화학공학소재연구정보센터
Desalination, Vol.152, No.1-3, 215-222, 2003
Fault diagnosis for a MSF using neural networks
This work outlines the development of a fault diagnostic system for a multi-stage flash (MSF) desalination plant using artificial neural networks (ANNs). This diagnostic system processes the plant data to determine whether the process state is normal or not. In the last case, the diagnostic system determines the cause of the abnormal process state. The diagnostic system has an ANN for each potential fault. Every ANN processes the plant data looking for symptoms of their respective faults.

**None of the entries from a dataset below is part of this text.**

-- ===== src/Lib.antt =====
-- The library and the example programs of "UNIX Network Programming": C functions for sockets, and
-- programs that use them. This development models the parts that have a logic of their own.
--
-- The parts and the files
--   Io: reading and writing on descriptors. Io/Readn and Io/Writen are lib/readn.c and lib/writen.c,
--   Io/Echo is lib/str_echo.c, with the two directions of the socket as two states;
--   Io/Readline is lib/readline.c, with its static buffer as the record Rline, and
--   Io/Readline/Threads is threads/readline.c, a buffer for each thread. What read(2) and write(2)
--   answer is a parameter; Io/System says what is relied on of a stream and of a sink.
--   Nonblock: nonblock/strclinonb.c. Nonblock/Buffer is one of the two buffers with its two pointers as
--   offsets, Nonblock/Client the body of str_cli: a round is one pass of its loop, and the answers
--   of select, read and write of a round are given with it. Nonblock/Connect is lib/connect_nonb.c.
--   Rtt: lib/rtt.c on top of the operations on floating point that it uses (Rtt/Float), and
--   Rtt/Exchange, rtt/dg_send_recv.c: datagrams and alarms are a list of events.
--   Server/Prefork: the loop of the parent in server/serv05.c with the table of server/child.h.
--   Server/Select: the echo server of tcpcliserv/tcpservselect01.c; a free entry of client[] is none.
--   Gai: libgai. Gai/Search is ga_echeck.c and ga_nsearch.c, Gai/Build ga_aistruct.c, ga_clone.c and
--   ga_port.c, Gai/Serv ga_serv.c, Gai/Lookup getaddrinfo.c and ga_unix.c, and Gai/Nameinfo
--   getnameinfo.c and gn_ipv46.c. A chain of addrinfo structures is a list. The resolver, the services
--   database, htons and uname are the record System (Resolver for Gai/Nameinfo); the outcomes of
--   the allocations to come are in the record World.
--   Cksum: libfree/in_cksum.c, for a host whose first byte of a word is the low one.
--   Dial: lib/tcp_connect.c, lib/tcp_listen.c, lib/udp_connect.c, lib/udp_server.c, lib/udp_client.c,
--   which take the list from getaddrinfo, so from Gai, and try its structures on a kernel
--   (Dial/Sockets).
--   Sock: lib/sock_cmp_addr.c, lib/sock_cmp_port.c, lib/sock_get_port.c, lib/sock_set_addr.c,
--   lib/sock_set_port.c and lib/sock_set_wild.c, on structures told apart by their family.
--   Trace: traceroute/recv_v4.c and traceroute/recv_v6.c (Trace/V6), over a list of what recvfrom
--   comes to; a packet is the list of its bytes, and a read behind its end is a verdict of its own.
--   Uno: tcpcliserv/final_server.c, a server of several threads with rooms for a card game. The game
--   is GameStart and what it calls: Uno/Cards, Uno/Shuffle, Uno/Turn (SwitchToNextPlayer), Uno/Game (the
--   variables as the record Game, and the lines that are sent), Uno/Draw (GiveCardToPlayer), Uno/Deal
--   (up to the first round), Uno/Play and Uno/Race (the lines of the players), and Uno/Rounds (its
--   loop). Uno/Seated is what is kept of the seats. Uno/Server is the shared state, Uno/Rooms is
--   GetInRoom and Uno/Process is RoomProcess, each as the operations that are done under a lock, and
--   Uno/Lobby is main. Uno/Rooms/Steps has the operations of all threads as steps, in any order.
--   A count, a seat or a connection of -1 is none; an array is a function on its index, and what C
--   leaves undefined (a null or an index of -1 that is used) is the result none, but for what is said
--   of it below. What rand() answers is a parameter.
--   Base: the names, tests, lists, integers and words that the parts share. Tests: runs at concrete
--   inputs, and each theorem at an input that meets its conditions.
--
-- Numbers, bounds and fuel
--   Numbers are natural numbers, and integers where the C value can be negative. Conversions between
--   size_t and ssize_t and the 32-bit and 16-bit wrap-around are written out. A loop on a
--   descriptor runs on fuel, and its theorem says how much is enough: more than the bytes asked for
--   and the interrupts to come. All other loops are structural: the
--   ten rounds for the seats of a table are enough, and so is the stack itself for turning up a card.
--   The search of Uno/Rooms for any room has a number of passes, and what it needs is proved.
--
-- What is not modelled
--   The kernel, the resolver and floating point are parameters with named hypotheses. Signals other
--   than the alarm of dg_send_recv, the race between alarm and sigsetjmp there, debugging output, the
--   waiting of the game server's threads for work and a read error on its connections,
--   freeing of memory and command lines are left out, as are the programs that only print or pass on
--   what the kernel says. The wrappers that end the process on an error are taken to succeed in
--   Server and Uno, and the descriptors of Server/Select to be below FD_SETSIZE, as FD_SET wants. A line
--   for a seat with no connection (conns[used[i]] with used[i] at -1, in GiveCardToPlayer and, for
--   the name of the player whose turn it is, in StartRound) is sent to nobody, and such a name is not
--   looked up. In Uno/Process the test of room_working behind a
--   leave is part of the step that frees the room, so what another thread does between the two is
--   left out.
pub mod Base
pub mod Cksum
pub mod Dial
pub mod Gai
pub mod Io
pub mod Nonblock
pub mod Rtt
pub mod Server
pub mod Sock
pub mod Tests
pub mod Trace
pub mod Uno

At a given time, the result reported by an ANN is an index between 0 and 1. This number represents the certainty about the corresponding fault is affecting the plant. The higher is the value, the higher is the certainty of the affirmation. The structure of each ANN is simpler than those reported in the bibliography; however, the performance is better. These results are obtained due to a careful selection of the diagnostic system output and the use of a special training method. That training method calculates an appropriate value for the output of each ANN instead of setting it at 0 or I only. The new value of the output does not depend on the fault that causes the inputs but it does only on the degree of matching between the observed evolution and the expected one for the fault corresponding to each ANN. Finally, a dynamic simulator was used to evaluate the performance of the diagnostic system.